Start of Extracted entries

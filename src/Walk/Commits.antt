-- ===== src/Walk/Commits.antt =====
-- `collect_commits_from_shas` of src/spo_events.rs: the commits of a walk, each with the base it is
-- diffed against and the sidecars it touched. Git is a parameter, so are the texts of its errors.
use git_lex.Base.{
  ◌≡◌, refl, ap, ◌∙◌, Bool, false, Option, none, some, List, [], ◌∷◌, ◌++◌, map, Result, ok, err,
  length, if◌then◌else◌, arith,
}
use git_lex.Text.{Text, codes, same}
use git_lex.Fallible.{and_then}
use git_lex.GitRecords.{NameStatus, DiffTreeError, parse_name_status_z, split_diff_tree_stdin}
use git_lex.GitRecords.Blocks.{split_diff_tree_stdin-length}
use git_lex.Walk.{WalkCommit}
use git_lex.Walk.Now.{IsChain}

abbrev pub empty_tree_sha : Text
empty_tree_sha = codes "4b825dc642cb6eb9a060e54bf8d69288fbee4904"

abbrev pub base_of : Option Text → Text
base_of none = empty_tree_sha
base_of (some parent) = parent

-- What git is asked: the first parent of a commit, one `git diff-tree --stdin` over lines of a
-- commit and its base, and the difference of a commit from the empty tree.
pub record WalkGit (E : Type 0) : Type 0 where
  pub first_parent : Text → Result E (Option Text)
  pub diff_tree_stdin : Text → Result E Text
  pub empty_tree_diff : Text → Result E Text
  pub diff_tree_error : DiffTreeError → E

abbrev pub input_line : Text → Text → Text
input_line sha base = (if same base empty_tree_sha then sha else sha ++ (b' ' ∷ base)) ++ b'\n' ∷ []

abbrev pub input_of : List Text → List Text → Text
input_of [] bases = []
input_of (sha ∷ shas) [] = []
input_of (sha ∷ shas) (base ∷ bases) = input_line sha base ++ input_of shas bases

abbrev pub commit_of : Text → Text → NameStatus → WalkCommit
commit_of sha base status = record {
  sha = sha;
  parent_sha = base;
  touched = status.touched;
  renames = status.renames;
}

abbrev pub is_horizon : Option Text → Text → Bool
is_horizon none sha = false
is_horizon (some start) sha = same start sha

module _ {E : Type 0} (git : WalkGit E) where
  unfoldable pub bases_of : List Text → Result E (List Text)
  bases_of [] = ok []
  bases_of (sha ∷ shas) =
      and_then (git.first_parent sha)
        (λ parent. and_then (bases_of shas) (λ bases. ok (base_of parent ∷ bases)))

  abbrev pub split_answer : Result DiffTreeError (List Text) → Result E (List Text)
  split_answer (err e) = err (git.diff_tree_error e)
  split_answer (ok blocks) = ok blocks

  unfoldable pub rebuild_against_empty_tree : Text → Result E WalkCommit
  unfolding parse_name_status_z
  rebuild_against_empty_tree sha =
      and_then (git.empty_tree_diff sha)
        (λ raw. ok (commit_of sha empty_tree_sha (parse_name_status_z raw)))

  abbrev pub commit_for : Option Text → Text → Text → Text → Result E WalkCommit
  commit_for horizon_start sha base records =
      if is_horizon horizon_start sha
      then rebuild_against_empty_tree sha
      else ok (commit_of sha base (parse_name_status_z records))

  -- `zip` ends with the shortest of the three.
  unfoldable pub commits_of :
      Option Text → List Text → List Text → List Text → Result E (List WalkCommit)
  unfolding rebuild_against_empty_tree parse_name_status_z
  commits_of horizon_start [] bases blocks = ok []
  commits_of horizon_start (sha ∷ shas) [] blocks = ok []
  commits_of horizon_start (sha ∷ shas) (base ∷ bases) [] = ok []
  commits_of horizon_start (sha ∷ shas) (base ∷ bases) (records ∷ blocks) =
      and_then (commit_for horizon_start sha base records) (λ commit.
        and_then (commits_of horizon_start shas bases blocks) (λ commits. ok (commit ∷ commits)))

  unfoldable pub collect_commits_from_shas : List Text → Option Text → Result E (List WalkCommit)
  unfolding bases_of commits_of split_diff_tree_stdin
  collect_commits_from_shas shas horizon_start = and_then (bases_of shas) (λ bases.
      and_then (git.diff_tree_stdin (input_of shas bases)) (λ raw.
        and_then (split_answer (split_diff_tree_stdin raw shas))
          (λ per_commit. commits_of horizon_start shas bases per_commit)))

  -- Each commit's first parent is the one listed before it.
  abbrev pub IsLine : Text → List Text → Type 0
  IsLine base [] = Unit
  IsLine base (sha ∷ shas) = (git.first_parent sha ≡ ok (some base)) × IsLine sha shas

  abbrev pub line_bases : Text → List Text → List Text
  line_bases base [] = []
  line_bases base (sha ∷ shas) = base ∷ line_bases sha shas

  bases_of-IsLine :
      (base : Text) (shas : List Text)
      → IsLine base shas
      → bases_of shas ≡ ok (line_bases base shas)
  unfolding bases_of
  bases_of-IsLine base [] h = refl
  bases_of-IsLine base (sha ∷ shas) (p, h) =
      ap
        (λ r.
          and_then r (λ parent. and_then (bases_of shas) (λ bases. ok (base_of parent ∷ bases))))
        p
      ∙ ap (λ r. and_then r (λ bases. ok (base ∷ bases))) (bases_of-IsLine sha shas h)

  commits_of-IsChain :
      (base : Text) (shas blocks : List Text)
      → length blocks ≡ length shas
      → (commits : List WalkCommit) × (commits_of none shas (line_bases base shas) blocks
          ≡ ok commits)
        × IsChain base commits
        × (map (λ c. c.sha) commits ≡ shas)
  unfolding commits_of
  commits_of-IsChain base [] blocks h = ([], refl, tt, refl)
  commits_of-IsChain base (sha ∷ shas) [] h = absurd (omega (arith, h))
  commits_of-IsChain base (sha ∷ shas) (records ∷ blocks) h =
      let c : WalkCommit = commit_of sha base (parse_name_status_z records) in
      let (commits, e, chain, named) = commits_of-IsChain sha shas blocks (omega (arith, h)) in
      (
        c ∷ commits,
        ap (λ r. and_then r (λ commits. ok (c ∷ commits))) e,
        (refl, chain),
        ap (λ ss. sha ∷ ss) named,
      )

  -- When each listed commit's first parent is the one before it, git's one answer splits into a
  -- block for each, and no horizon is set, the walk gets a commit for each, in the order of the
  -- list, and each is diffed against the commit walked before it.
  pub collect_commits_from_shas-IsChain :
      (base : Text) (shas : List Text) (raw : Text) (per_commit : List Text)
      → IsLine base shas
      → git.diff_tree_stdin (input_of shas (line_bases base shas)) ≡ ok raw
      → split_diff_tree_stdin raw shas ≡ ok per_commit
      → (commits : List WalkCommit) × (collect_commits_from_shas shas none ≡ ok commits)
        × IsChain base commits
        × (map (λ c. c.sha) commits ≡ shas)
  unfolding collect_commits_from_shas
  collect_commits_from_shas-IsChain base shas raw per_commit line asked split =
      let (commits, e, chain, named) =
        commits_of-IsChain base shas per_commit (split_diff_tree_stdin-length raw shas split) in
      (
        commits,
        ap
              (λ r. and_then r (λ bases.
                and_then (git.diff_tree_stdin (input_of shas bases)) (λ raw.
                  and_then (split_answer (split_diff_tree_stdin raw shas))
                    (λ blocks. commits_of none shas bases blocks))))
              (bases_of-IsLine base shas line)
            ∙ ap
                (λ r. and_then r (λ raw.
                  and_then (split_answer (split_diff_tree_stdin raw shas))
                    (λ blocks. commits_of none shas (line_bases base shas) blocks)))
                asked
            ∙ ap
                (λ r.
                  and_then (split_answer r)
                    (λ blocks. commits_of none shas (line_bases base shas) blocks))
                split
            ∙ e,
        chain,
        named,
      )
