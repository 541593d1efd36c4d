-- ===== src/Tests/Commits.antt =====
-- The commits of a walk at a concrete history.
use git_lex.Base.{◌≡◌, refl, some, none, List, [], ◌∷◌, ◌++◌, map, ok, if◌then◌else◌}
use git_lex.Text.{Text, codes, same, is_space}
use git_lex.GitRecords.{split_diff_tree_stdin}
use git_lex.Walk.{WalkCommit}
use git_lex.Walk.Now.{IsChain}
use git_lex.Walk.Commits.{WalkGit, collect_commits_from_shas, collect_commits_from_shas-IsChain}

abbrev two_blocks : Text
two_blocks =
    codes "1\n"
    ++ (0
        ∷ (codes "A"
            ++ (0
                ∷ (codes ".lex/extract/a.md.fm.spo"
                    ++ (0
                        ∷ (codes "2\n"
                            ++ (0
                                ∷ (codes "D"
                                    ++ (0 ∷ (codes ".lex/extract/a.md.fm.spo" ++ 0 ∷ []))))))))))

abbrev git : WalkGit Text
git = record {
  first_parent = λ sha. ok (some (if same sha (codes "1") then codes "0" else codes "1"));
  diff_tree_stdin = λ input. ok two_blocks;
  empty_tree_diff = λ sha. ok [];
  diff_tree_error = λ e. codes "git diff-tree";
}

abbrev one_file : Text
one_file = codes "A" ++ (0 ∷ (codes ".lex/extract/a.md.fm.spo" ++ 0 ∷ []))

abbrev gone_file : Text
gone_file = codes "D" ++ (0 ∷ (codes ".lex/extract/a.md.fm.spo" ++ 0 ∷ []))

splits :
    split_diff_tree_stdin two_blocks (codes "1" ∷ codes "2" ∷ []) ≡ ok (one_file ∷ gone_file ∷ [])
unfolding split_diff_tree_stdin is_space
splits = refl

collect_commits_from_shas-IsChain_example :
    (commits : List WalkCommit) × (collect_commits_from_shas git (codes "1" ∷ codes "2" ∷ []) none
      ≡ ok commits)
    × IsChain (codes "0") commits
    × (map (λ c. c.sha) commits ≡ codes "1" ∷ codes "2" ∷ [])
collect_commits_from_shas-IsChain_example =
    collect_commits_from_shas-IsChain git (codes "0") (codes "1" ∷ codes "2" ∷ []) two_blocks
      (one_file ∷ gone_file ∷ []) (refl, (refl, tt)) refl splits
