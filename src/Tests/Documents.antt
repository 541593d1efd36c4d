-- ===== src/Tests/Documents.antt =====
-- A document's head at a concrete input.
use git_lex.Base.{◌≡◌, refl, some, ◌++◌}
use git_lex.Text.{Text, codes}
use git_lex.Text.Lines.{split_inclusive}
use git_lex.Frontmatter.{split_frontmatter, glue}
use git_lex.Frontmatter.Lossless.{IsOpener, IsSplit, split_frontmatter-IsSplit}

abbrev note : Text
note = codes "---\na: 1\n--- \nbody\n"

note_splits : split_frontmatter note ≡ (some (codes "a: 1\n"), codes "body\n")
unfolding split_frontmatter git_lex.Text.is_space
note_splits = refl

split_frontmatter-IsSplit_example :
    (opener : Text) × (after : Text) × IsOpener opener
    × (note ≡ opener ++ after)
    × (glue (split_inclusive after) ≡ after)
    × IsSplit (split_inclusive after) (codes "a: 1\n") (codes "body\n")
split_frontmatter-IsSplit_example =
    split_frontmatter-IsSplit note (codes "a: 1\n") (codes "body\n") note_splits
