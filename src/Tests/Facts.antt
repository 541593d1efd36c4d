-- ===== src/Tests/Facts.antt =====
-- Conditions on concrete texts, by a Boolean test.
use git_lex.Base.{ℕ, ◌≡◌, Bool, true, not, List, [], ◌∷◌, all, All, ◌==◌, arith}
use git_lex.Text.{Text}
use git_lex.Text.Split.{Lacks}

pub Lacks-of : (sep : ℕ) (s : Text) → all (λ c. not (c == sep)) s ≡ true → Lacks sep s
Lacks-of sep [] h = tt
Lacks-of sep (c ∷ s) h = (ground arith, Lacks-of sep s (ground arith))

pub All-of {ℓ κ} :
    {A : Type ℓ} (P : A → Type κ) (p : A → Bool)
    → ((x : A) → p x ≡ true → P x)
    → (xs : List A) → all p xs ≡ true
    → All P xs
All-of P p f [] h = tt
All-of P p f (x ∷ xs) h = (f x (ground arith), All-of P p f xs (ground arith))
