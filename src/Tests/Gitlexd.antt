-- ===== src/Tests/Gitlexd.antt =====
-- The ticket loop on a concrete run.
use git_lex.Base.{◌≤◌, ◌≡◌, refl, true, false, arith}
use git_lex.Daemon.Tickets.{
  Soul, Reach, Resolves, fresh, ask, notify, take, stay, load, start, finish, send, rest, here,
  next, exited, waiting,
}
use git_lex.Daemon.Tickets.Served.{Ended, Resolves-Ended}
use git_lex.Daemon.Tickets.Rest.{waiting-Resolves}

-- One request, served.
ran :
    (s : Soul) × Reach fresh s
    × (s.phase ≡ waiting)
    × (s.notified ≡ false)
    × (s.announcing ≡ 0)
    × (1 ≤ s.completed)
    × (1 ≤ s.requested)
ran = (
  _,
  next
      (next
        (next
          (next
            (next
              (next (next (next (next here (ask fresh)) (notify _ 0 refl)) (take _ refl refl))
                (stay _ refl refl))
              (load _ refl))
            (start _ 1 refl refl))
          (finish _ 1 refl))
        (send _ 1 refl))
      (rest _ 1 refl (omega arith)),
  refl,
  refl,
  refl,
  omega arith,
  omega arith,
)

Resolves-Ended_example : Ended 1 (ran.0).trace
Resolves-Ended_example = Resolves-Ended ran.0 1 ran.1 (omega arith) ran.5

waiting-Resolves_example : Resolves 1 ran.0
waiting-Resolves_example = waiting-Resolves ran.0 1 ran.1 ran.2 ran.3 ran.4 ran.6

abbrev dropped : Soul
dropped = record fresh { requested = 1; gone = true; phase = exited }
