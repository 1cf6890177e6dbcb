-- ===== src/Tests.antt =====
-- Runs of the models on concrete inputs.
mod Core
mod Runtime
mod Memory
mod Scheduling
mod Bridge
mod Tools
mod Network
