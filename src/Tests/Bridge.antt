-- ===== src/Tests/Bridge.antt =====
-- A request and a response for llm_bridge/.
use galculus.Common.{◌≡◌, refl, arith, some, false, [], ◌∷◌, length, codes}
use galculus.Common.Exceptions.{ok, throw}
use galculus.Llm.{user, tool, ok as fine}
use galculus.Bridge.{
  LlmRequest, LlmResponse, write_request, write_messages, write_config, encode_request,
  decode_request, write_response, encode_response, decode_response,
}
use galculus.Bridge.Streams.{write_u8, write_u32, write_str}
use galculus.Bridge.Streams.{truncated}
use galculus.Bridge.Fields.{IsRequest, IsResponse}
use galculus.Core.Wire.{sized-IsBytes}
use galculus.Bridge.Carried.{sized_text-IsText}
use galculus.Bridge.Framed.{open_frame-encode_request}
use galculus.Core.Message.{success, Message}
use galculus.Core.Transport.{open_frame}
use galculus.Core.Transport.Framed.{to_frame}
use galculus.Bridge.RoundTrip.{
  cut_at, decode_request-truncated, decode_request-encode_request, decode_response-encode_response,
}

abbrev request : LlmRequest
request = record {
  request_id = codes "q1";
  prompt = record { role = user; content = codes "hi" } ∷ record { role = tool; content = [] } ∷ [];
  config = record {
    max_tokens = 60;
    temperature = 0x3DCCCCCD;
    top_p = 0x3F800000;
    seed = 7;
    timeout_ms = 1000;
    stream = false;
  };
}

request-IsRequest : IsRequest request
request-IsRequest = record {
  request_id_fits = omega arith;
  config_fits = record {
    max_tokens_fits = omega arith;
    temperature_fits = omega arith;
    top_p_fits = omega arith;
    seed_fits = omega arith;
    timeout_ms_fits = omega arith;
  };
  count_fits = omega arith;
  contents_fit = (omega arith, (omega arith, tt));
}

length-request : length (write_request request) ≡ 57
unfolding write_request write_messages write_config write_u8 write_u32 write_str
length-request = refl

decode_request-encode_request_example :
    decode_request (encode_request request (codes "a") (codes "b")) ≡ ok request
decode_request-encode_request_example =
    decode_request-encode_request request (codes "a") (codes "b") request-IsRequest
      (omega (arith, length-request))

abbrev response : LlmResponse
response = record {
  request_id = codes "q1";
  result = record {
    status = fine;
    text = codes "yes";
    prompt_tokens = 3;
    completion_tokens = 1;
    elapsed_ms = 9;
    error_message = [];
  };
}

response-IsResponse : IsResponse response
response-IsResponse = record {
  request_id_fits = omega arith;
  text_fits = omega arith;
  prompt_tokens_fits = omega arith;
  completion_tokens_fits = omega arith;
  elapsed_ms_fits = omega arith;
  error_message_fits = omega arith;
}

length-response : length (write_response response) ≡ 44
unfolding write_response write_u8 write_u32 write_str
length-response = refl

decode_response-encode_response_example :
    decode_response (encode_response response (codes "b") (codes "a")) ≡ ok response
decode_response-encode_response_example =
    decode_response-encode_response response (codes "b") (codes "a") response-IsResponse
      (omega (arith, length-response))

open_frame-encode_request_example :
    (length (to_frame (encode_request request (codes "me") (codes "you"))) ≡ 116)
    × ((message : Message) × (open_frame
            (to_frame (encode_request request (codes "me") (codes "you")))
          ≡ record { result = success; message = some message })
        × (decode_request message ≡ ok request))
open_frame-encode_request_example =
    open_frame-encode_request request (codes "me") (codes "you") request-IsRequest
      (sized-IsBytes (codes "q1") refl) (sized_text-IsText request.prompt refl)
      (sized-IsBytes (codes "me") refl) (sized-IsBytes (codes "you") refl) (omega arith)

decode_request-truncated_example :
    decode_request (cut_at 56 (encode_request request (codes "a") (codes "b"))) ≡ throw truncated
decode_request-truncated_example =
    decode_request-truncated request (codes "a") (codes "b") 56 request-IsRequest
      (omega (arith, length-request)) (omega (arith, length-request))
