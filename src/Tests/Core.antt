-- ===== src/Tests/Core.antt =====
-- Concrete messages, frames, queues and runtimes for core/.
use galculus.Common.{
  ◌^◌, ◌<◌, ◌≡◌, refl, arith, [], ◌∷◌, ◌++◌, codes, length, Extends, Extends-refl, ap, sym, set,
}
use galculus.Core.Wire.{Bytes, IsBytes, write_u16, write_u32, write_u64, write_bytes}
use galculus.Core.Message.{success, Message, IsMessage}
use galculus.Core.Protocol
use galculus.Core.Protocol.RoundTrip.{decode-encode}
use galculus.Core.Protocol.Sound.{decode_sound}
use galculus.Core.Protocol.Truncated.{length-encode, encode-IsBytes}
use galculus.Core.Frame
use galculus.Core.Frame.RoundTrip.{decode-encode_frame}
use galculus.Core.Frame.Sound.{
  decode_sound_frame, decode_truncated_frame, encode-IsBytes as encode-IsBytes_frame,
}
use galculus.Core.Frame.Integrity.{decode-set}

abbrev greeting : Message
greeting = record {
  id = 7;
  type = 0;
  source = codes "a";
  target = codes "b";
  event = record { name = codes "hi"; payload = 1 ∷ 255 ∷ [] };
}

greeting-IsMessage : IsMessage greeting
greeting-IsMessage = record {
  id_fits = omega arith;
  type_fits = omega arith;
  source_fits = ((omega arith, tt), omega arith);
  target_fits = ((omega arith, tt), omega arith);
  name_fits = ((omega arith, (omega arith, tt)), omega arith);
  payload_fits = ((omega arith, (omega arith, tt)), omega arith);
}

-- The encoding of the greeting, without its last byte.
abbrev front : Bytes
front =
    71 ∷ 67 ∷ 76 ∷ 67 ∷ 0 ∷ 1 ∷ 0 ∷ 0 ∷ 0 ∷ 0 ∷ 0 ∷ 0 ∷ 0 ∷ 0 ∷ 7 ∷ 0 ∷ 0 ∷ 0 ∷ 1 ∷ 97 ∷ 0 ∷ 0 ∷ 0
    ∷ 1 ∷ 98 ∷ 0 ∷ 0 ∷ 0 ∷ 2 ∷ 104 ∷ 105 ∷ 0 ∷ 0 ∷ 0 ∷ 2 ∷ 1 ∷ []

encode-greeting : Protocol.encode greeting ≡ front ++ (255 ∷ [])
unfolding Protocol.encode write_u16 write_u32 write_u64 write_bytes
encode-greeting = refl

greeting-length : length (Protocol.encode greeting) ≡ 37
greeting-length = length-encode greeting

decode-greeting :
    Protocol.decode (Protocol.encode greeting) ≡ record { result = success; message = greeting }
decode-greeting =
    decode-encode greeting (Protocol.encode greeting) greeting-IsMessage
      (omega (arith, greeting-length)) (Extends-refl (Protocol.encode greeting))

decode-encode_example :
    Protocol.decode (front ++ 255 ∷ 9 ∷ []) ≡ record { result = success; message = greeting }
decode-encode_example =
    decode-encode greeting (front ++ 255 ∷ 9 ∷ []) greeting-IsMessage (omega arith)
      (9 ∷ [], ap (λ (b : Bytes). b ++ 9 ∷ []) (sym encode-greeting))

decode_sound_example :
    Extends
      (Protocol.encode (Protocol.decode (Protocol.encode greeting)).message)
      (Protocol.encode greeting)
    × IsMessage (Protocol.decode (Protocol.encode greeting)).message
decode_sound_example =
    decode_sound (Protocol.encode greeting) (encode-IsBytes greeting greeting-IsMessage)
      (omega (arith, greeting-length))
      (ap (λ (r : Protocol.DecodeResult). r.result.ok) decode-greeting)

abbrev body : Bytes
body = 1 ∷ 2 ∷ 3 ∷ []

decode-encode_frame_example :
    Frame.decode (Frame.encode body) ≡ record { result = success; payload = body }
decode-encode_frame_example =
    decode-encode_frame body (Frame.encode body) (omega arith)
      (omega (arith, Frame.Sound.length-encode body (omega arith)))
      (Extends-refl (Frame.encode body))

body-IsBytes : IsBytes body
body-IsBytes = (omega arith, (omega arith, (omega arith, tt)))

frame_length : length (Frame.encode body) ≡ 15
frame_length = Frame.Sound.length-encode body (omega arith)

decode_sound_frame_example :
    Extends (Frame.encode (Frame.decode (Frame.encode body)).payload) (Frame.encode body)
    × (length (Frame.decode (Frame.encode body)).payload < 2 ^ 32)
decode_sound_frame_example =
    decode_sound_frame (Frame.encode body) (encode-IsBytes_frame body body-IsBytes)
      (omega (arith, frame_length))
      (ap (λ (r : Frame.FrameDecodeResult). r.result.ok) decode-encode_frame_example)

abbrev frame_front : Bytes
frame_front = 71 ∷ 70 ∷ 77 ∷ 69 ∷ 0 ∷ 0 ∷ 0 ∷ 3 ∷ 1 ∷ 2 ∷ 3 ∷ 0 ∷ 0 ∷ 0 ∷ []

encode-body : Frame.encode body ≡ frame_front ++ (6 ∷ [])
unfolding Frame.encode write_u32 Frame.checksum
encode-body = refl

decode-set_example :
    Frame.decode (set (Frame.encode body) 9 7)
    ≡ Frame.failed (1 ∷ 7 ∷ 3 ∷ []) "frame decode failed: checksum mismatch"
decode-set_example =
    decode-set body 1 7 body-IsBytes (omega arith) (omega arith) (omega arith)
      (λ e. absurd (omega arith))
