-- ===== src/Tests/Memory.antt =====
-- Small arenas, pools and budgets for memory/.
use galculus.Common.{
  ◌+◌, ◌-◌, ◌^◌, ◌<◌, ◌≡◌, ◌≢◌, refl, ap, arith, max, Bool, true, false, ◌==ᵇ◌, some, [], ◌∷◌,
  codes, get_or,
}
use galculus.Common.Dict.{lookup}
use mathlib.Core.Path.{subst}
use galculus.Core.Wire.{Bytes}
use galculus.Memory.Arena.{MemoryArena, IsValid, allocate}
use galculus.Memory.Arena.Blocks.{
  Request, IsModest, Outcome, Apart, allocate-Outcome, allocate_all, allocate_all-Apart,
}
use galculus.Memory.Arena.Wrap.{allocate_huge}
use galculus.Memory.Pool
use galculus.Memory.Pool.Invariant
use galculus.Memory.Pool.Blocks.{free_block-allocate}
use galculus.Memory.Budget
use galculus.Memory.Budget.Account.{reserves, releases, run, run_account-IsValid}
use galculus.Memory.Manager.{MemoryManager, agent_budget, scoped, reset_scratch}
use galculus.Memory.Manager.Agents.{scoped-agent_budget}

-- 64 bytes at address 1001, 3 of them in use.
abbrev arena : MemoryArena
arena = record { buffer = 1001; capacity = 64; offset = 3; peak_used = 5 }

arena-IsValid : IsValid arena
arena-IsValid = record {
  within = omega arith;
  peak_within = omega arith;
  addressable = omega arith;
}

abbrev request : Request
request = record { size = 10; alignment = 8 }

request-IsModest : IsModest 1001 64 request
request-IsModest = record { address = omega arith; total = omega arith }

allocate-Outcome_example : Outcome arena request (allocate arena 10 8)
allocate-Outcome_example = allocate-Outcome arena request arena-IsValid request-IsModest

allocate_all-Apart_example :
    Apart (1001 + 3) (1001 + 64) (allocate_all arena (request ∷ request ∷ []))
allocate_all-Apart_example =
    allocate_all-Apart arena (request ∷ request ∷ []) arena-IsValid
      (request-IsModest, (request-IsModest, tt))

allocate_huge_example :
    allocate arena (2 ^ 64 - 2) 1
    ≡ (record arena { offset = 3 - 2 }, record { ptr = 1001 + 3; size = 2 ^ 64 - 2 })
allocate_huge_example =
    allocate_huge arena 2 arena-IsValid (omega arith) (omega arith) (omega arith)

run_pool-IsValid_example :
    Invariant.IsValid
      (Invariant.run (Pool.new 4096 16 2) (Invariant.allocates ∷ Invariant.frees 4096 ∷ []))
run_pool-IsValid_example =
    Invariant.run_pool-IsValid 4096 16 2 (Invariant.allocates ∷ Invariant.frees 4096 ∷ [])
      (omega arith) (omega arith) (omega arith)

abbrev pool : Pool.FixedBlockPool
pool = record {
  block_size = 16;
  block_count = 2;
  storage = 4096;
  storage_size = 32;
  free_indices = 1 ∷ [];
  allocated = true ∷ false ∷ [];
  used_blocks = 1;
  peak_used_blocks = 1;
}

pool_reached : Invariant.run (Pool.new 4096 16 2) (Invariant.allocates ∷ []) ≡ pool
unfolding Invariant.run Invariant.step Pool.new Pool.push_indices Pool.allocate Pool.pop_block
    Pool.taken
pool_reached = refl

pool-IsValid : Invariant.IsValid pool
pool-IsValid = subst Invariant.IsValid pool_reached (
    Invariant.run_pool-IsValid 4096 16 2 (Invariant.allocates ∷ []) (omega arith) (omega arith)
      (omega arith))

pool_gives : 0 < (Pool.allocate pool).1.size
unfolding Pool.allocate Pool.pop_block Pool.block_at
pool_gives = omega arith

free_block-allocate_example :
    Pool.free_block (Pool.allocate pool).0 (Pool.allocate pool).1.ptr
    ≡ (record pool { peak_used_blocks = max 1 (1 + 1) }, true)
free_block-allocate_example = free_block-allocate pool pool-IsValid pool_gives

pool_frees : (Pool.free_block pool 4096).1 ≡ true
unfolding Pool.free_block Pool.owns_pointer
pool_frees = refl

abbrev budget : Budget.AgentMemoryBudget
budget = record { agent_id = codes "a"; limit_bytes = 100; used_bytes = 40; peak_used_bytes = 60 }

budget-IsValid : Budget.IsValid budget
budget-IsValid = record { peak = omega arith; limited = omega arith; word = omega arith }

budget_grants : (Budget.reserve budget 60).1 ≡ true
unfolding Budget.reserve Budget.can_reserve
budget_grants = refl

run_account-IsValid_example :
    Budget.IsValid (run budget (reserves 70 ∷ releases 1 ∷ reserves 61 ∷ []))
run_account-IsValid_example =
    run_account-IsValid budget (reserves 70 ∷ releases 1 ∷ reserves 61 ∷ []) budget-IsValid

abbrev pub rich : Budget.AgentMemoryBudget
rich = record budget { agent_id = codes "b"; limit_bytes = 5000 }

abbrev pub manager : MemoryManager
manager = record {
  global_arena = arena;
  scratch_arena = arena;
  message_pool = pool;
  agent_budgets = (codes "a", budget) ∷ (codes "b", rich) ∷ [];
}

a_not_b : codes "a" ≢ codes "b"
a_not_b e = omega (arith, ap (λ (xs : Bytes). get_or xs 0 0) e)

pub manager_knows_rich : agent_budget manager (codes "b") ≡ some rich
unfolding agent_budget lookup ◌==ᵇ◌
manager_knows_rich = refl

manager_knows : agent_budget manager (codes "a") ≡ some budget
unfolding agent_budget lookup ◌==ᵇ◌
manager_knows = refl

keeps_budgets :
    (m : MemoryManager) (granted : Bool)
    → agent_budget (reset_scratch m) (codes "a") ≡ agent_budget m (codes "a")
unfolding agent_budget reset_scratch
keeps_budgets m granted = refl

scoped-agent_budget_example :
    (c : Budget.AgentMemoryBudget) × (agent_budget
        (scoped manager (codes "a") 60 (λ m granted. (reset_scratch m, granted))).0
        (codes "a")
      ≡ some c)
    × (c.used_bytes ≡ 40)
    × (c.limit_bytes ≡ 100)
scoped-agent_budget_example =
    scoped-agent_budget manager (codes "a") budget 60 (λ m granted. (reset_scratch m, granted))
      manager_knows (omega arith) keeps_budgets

End of Extracted entries

Problem to work on » Some lines above hold the word "unfoldable". Copy all of them.

Written solution »
  unfoldable pub bases_of : List Text → Result E (List Text)
  unfoldable pub rebuild_against_empty_tree : Text → Result E WalkCommit
  unfoldable pub commits_of :
  unfoldable pub collect_commits_from_shas : List Text → Option Text → Result E (List WalkCommit)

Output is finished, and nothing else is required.